A new report published by Boston’s Institute for Clinical and Economic Review (ICER) concludes that two pricey new CAR-T cell therapies, Novartis AG’s Kymriah (tisagenlecleucel) and Gilead Sciences Inc.’s Yescarta (axicabtagene ciloleucel), both provided moderate certainty of a small to substantial net health benefit compared to commonly used chemotherapies or no therapy at all in their respective indications.
“While many medicines have U.S. prices that surpass the value they deliver, our analysis on these two CAR-T therapies underscores that certain medicines can have high prices and still be cost-effective for the health care system,” ICER representative David Whitrap told BioWorld. “Based on ICER’s extrapolation of the current survival curves, both Kymriah and Yescarta appear to be priced in line with the value they deliver to patients.”
A draft of the report, released Dec. 19 ahead of the final report’s arrival Feb. 15, drew mixed reviews from stakeholders, some of whom suggested it was premature considering the limited evidence on the therapies to date or that cost estimates cited might be off-base. Others expressed appreciation for the review and its potential contribution to debates over value-based pricing.
Both Kymriah and Yescarta were approved last year based on relatively small, single-arm designs with limited follow-up. (See BioWorld, Aug. 31, 2017, and Oct. 20, 2017.)

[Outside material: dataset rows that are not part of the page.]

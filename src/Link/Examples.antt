-- ===== src/Link/Examples.antt =====
-- The link layer's theorems at concrete inputs.
use dnp.Prelude.{
  ◌↔◌, ℕ, ◌-◌, ◌≡◌, ◌≢◌, ◌++◌, refl, true, false, none, some, List, [], ◌∷◌, arith, length,
  replicate,
}
use dnp.Transport.Tx.{TransportTx, transport_tx_segment}
use dnp.Link.Function.{invalid, sec_ack, link_function_from_type}
use dnp.Link.Crc.{calc_crc}
use dnp.Link.Crc.Laws.{remainder, calc_crc-remainder}
use dnp.Link.Crc.Errors.{calc_crc-change}
use dnp.Link.Header.{
  LinkHeader, LinkHeaderFields, set_header, read_header, write_header, header_fields, is_pri_to_sec,
  get_func_enum, is_fcv_dfc_set,
}
use dnp.Link.HeaderLaws.{read-write_header, header_fields-set}
use dnp.Link.Frame.{calc_user_data_size, write_blocks, validate_blocks, read_blocks}
use dnp.Link.Validation.{validate_function_code, validate_payload}
use dnp.Link.Blocks.{length-write_blocks, validate_blocks-write_blocks}
use dnp.Link.InPlace.{extract, Moved, extract-write_blocks, read_blocks-Moved}
use dnp.Link.Parser.{LinkLayerParser, find_sync, parse_one_step, receive}
use dnp.Link.Parser.Invariant.{Sound, Stepped, parse_one_step-Stepped}
use dnp.Link.Parser.Total.{Received, receive-Received}
use dnp.Link.Parser.RoundTrip.{Fresh, receive-frame_bytes}
use dnp.Link.Parser.RoundTrip.Steps.{Accepted, frame_bytes}
use dnp.Link.Context.{
  LinkConfig, LinkContext, new_context, idle, reset_link_wait, post_send_result, reset, tx_idle,
}
use dnp.Link.SecStates.{on_confirmed_user_data, sec_on_transmit_result}
use dnp.Link.Layer.{
  lower_layer_up, send_segments, transmit_result, response_timer, run, on_frame,
  expire_response_timer,
}
use dnp.Link.Layer.Progress.{Ready, run-new_context}
use dnp.Link.Layer.Delivery.{
  ForUs, resets, Unanswered, received, repeat_resets, confirmed_user_data_repeated,
  on_frame_handled, repeat_resets-fails,
}

abbrev parser : LinkLayerParser
parser = record {
  statistics = none;
  header = record { length = 5; src = 0; dest = 0; ctrl = 0 };
  state = find_sync;
  frame_size = 0;
  user_data = [];
  buffer = record { bytes = replicate 292 0; write_pos = 0; read_pos = 0 };
}

-- An unconfirmed frame of the master with two bytes.
abbrev header : LinkHeader
header = record { length = 7; src = 1; dest = 1024; ctrl = 0xc4 }

header-Accepted : Accepted header (7 ∷ 8 ∷ [])
unfolding validate_function_code validate_payload is_pri_to_sec get_func_enum
    link_function_from_type is_fcv_dfc_set
header-Accepted = record {
  counted = refl;
  short = omega arith;
  addresses = (omega arith, omega arith);
  function = refl;
  carried = refl;
}

parser-Fresh : Fresh parser
parser-Fresh = record { searches = refl; start = refl; empty = refl; large = refl }

parser-Sound : Sound find_sync parser
parser-Sound = record {
  ok = record { bytes = ground arith; size = refl; order = omega arith; top = omega arith };
  framed = λ e. absurd (ground (arith, e));
  ready = λ e. absurd (ground (arith, e));
}

receive-frame_bytes_example :
    (q : LinkLayerParser) × (receive (frame_bytes header (7 ∷ 8 ∷ [])) parser
      ≡ some (q, (header_fields header, 7 ∷ 8 ∷ []) ∷ []))
    × Fresh q
receive-frame_bytes_example =
    receive-frame_bytes parser header (7 ∷ 8 ∷ []) header-Accepted parser-Fresh

receive-Received_example :
    (q : LinkLayerParser) × (frames : List (LinkHeaderFields × List ℕ)) × (receive
        (0x05 ∷ 0x64 ∷ [])
        parser
      ≡ some (q, frames))
    × Received q frames
receive-Received_example =
    receive-Received parser (0x05 ∷ 0x64 ∷ []) parser-Sound (ground arith) (omega arith)
      (λ e. absurd (ground (arith, e)))

parse_one_step-Stepped_example :
    Stepped find_sync (parse_one_step parser).state parser (parse_one_step parser)
parse_one_step-Stepped_example = parse_one_step-Stepped parser parser-Sound

calc_crc-remainder_example : calc_crc (1 ∷ 2 ∷ []) ≡ 65535 - remainder 0 (1 ∷ 2 ∷ [])
calc_crc-remainder_example = calc_crc-remainder (1 ∷ 2 ∷ []) (ground arith)

calc_crc-change_example : calc_crc (1 ∷ 2 ∷ 3 ∷ []) ≢ calc_crc (1 ∷ 4 ∷ 3 ∷ [])
calc_crc-change_example =
    calc_crc-change (1 ∷ []) 2 4 (3 ∷ []) (ground arith) (ground arith) (omega arith)

length-write_blocks_example : length (write_blocks 3 (7 ∷ 8 ∷ 9 ∷ []) 3) ≡ calc_user_data_size 3
length-write_blocks_example = length-write_blocks 3 (7 ∷ 8 ∷ 9 ∷ []) 3 (omega arith) (omega arith)

validate_blocks-write_blocks_example :
    validate_blocks 3 (write_blocks 3 (7 ∷ 8 ∷ 9 ∷ []) 3 ++ 1 ∷ []) 3 ≡ true
validate_blocks-write_blocks_example =
    validate_blocks-write_blocks 3 (7 ∷ 8 ∷ 9 ∷ []) (1 ∷ []) 3 (omega arith) (omega arith)

extract-write_blocks_example :
    extract 3 (write_blocks 3 (7 ∷ 8 ∷ 9 ∷ []) 3 ++ 1 ∷ []) 3 ≡ 7 ∷ 8 ∷ 9 ∷ []
extract-write_blocks_example =
    extract-write_blocks 3 (7 ∷ 8 ∷ 9 ∷ []) (1 ∷ []) 3 (omega arith) (omega arith)

read_blocks-Moved_example :
    Moved 2 (1 ∷ 7 ∷ 8 ∷ 0 ∷ 0 ∷ []) 1 0 2 (read_blocks 2 (1 ∷ 7 ∷ 8 ∷ 0 ∷ 0 ∷ []) 1 0 2)
unfolding calc_user_data_size
read_blocks-Moved_example =
    read_blocks-Moved 2 (1 ∷ 7 ∷ 8 ∷ 0 ∷ 0 ∷ []) 1 0 2 (omega arith) (omega arith) (omega arith)

read-write_header_example : read_header (write_header header ++ 1 ∷ []) ≡ header
read-write_header_example = read-write_header header (1 ∷ []) (omega arith) (omega arith)

header_fields-set_example :
    (header_fields (read_header (write_header (set_header 5 1 1024 true false false sec_ack) ++ []))
      ≡ record {
        func = sec_ack;
        is_from_master = true;
        fcb = false;
        fcvdfc = false;
        dest = 1024;
        src = 1;
      })
    × ((read_header (write_header (set_header 5 1 1024 true false false sec_ack) ++ [])).length ≡ 5)
    × (is_pri_to_sec
          (read_header (write_header (set_header 5 1 1024 true false false sec_ack) ++ []))
        ≡ false)
header_fields-set_example =
    header_fields-set 5 1 1024 true false false sec_ack [] (omega arith) (omega arith)
      (ground arith)

abbrev config : LinkConfig
config = record {
  is_master = true;
  use_confirms = true;
  num_retry = 1;
  local_addr = 1;
  remote_addr = 1024;
  keep_alive_timeout = 60000;
}

abbrev tx : TransportTx
tx = record {
  apdu = 7 ∷ 8 ∷ [];
  tx_segment = none;
  statistics = none;
  sequence = 0;
  tpdu_count = 0;
}

abbrev waiting : LinkContext TransportTx
waiting = record {
  config = config;
  pending_pri_tx = none;
  pending_sec_tx = none;
  segments = tx;
  has_segments = true;
  null_access = false;
  tx_mode = tx_idle;
  num_retry_remaining = 1;
  rsp_timeout_timer = true;
  keep_alive_timer = true;
  next_read_fcb = true;
  next_write_fcb = true;
  is_online = true;
  is_remote_reset = false;
  keep_alive_timeout = false;
  last_message_timestamp = 0;
  pri_state = reset_link_wait;
  sec_state = reset;
  output = [];
}

run-new_context_example : Ready (
    run transport_tx_segment
      (lower_layer_up 10 ∷ send_segments tx ∷ transmit_result true ∷ response_timer ∷ [])
      (new_context config 0 tx))
run-new_context_example =
    run-new_context transport_tx_segment config 0 tx
      (lower_layer_up 10 ∷ send_segments tx ∷ transmit_result true ∷ response_timer ∷ [])

confirmed_user_data_repeated_example :
    (sec_on_transmit_result (on_confirmed_user_data reset true (7 ∷ []) waiting).1 ≡ reset)
    × (received
          (on_confirmed_user_data reset true
            (8 ∷ [])
            (on_confirmed_user_data reset true (7 ∷ []) waiting).0).0.output
        ≡ received (on_confirmed_user_data reset true (7 ∷ []) waiting).0.output)
confirmed_user_data_repeated_example =
    confirmed_user_data_repeated true (7 ∷ []) (8 ∷ []) waiting
      (on_confirmed_user_data reset true (7 ∷ []) waiting).0 refl

abbrev ack : LinkHeaderFields
ack = record {
  func = sec_ack;
  is_from_master = false;
  fcb = false;
  fcvdfc = false;
  dest = 1;
  src = 1024;
}

ack_handled : (on_frame transport_tx_segment 5 ack [] waiting).1 ≡ true
unfolding on_frame
ack_handled = refl

on_frame_handled_example :
    (((on_frame transport_tx_segment 5 ack [] waiting).1 ≡ true)
      ↔ (ForUs ack waiting × (ack.func ≢ invalid)))
    × (¬ (ForUs ack waiting) → on_frame transport_tx_segment 5 ack [] waiting ≡ (waiting, false))
    × (ForUs ack waiting
        → ack.func ≡ invalid
        → on_frame transport_tx_segment 5 ack [] waiting
          ≡ (record waiting { last_message_timestamp = 5 }, false))
on_frame_handled_example = on_frame_handled transport_tx_segment 5 ack [] waiting

waiting-Unanswered : Unanswered 1 waiting
waiting-Unanswered = record {
  waits = refl;
  timer = refl;
  retries = refl;
  free = refl;
  no_pri = refl;
  no_sec = refl;
  no_keep_alive = refl;
}

repeat_resets-fails_example :
    ((expire_response_timer transport_tx_segment
        (repeat_resets transport_tx_segment 1 waiting)).pri_state
      ≡ idle)
    × ((expire_response_timer transport_tx_segment
          (repeat_resets transport_tx_segment 1 waiting)).has_segments
        ≡ false)
    × ((expire_response_timer transport_tx_segment
          (repeat_resets transport_tx_segment 1 waiting)).output
        ≡ post_send_result false ∷ (resets 1 waiting.config ++ waiting.output))
repeat_resets-fails_example = repeat_resets-fails transport_tx_segment 1 waiting waiting-Unanswered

A March 2 meeting of the California Technology Assessment Forum, one of ICER’s three independent evidence appraisal committees, will host a vote on whether the new therapies offer long-term value for money and other issues. After that, the institute will release a summary including the committee’s votes, along with key policy recommendations arising from a roundtable discussion.
Whitrap said that he expects that questions about how to best construct outcomes-based contracts for CAR-T therapies and how indication-specific pricing might be implemented if the therapies are approved for additional indications are likely to draw particular interest during the meeting. Questions about what an appropriate physician markup should be for the administration of the treatments and how payers will cope with the budget impact of both approved and forthcoming CAR-T therapies, are also likely to arise, he said.
ICER’s review found that using Kymriah to treat children with relapsed or refractory B-cell acute lymphoblastic leukemia (ALL) instead of the previous standard of care increases health care costs by about $330,000, but extends life by eight years. Using Yescarta instead of chemotherapy to treat adults with relapsed or refractory B-cell lymphoma increases health costs by $460,000 but extends life by four years, the institute said.
The institutes’s value-based price benchmark for Kymriah, including its estimated mark-up to administer the therapy, is between $1,162,563 and $1,688,232. A price above that range would exceed common thresholds for cost-effectiveness, Whitrap said. ICER’s value-based price benchmark for Yescarta, including estimated markup, is between $340,797 and $524,015.
The cost-effectiveness of each therapy fell below or within commonly cited thresholds of $50,000-$150,000 per quality-adjusted life year, ICER said.
The report assumes that a hospital markup for the therapies is not included as part of outcomes-based contracts between the therapies’ manufacturers and the payers, such that payment from the payer to the hospital for the markup would occur regardless of whether or not patients respond. Kymriah was launched with an outcomes-based pricing arrangement with the Centers for Medicare & Medicaid Services, while Gilead has yet to adopt such a model for Yescarta, though has suggested it would be open to entering value- or outcomes-based payment contracts with payers on a case-by-case basis.
Yescarta was developed by Santa Monica, Calif.-based Kite Pharma Inc., which in August attracted an $11.9 billion acquisition deal from Foster City, Calif.-based Gilead. (See BioWorld, Aug. 29, 2017.)
In comments submitted based on the draft report, Kite wrote that “the eligibility and uptake of Yescarta will not lead to a substantial budget impact” and voiced concern that “ICER’s estimate of the eligible population for Yescarta likely overestimates the actual number of patients who will receive treatment.”
In response to a similar complaint from Novartis, ICER recalculated the size of the eligible population of Kymriah to 400 patients annually from an earlier 617.
The Leukemia & Lymphoma Society also weighed in on the report. Gwen Nichols, the group’s chief medical officer, told BioWorld that “CAR-T therapy is clearly costly but particularly in the case of children, the value is very clear. A leukemia diagnosis is incredibly disruptive for the life of a child who must undergo repeated cycles of treatments, infusions, time away from family, home and school, over multiple years.”
When standard therapy doesn’t work, CAR-T therapies can give kids a chance to have a normal life after a one-time infusion, she said. “LLS continues to support research on CAR-T and other immunotherapeutic approaches that will provide less complex (and thus less costly) therapies with even greater safety and efficacy,” she added.
ICER’s final evidence report, accompanying voting questions, public comments and the institute’s response are available on the group’s website. The meeting of the California Technology Assessment Forum is on March 2 in Oakland, Calif.